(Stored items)

#####

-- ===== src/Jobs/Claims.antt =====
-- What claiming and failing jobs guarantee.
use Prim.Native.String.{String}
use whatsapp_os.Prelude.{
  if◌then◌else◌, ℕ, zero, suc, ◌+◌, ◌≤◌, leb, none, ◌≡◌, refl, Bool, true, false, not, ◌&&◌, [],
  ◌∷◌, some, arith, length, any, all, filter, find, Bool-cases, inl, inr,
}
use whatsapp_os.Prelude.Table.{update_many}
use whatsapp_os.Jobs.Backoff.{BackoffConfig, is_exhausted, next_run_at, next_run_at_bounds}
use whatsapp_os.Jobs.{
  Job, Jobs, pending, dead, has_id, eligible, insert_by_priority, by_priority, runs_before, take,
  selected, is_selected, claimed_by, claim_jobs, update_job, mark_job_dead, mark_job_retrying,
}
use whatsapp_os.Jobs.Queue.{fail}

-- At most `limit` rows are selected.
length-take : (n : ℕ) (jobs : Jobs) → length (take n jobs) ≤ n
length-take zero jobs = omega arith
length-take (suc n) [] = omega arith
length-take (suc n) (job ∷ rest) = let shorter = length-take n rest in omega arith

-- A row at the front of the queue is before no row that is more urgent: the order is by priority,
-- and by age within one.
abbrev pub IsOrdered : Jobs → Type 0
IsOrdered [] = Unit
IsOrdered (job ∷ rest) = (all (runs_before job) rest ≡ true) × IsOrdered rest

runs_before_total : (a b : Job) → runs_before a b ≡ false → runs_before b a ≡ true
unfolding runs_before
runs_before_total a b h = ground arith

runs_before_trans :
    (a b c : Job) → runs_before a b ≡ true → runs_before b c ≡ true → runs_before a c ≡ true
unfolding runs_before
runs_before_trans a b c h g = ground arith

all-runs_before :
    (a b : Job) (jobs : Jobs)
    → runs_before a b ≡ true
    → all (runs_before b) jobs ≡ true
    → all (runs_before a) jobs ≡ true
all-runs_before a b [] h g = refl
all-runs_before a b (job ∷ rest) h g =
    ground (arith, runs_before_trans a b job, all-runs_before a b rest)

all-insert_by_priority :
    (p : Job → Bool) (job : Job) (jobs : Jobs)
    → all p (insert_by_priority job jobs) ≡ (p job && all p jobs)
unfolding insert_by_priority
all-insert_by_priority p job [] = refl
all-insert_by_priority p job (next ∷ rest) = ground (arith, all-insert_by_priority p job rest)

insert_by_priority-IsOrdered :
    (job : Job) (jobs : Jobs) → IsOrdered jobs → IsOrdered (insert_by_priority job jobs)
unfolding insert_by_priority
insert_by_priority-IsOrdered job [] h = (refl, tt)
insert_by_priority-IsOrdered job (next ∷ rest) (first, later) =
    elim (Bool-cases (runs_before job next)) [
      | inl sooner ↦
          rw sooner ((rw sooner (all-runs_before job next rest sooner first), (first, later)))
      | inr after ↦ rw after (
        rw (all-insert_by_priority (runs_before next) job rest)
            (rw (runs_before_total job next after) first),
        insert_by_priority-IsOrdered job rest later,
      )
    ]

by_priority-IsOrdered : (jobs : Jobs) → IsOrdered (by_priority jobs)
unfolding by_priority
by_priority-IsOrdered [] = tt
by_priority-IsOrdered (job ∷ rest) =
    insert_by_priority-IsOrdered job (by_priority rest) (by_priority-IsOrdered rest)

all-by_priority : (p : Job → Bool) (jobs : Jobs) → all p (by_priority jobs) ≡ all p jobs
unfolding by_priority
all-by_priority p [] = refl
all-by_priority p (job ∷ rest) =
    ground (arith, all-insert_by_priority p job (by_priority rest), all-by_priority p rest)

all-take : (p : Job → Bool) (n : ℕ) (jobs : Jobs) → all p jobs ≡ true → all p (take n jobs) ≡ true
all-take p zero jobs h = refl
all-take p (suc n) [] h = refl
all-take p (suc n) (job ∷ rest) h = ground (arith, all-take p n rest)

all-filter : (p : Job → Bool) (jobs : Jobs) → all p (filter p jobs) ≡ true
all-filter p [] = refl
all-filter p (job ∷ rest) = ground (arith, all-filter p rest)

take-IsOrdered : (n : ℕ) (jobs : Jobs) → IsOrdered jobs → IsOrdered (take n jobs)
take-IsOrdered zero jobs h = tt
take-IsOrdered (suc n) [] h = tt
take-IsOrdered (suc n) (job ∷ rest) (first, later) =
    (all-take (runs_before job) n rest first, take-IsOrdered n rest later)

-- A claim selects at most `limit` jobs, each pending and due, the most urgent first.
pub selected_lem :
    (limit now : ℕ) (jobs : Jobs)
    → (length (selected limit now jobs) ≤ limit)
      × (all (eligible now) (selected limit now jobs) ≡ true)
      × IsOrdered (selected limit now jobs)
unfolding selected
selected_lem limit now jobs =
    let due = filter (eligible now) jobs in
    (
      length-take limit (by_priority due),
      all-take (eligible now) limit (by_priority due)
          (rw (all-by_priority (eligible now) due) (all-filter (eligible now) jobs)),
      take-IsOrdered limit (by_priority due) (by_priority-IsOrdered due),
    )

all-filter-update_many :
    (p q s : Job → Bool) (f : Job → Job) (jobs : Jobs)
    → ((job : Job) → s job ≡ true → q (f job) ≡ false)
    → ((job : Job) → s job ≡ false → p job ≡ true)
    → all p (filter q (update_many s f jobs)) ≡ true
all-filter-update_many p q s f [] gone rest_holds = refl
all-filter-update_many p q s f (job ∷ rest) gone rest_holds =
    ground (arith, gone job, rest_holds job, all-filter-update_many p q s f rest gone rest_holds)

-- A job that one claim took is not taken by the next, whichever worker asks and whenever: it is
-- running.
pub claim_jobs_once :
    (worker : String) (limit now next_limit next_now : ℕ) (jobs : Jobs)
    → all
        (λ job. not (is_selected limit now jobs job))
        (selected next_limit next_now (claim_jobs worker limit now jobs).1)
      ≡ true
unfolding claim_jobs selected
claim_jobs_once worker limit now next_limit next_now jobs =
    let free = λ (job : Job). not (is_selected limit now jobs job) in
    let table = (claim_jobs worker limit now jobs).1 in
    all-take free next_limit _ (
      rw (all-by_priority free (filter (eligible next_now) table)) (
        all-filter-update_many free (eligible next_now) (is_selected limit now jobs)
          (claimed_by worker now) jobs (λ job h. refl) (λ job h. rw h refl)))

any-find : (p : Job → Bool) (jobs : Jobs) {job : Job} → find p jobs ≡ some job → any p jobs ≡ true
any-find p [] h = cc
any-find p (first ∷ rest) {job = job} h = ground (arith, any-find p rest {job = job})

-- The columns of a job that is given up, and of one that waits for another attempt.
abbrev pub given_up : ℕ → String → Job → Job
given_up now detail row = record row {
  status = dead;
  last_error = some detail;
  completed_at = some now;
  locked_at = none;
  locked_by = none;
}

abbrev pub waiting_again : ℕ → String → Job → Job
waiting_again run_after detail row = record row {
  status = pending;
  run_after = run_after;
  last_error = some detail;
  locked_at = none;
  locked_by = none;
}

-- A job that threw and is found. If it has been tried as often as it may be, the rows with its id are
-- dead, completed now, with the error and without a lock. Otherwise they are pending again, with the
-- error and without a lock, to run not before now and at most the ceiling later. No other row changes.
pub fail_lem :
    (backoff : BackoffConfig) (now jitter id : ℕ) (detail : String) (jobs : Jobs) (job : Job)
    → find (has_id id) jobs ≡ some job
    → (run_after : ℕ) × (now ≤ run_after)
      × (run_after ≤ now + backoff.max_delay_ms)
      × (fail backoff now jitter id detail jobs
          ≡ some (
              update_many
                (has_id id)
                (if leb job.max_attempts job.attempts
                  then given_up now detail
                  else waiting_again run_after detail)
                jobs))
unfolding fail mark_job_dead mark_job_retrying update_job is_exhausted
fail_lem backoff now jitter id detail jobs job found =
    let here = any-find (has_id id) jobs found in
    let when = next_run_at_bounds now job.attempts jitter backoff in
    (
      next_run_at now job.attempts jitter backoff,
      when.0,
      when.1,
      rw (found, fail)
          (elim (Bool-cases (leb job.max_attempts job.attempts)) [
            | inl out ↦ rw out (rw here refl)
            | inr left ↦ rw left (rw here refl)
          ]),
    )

#####

*Your task*: In the entries above, count each line that includes "else" and report the total with no other text.

*Task solution*: 2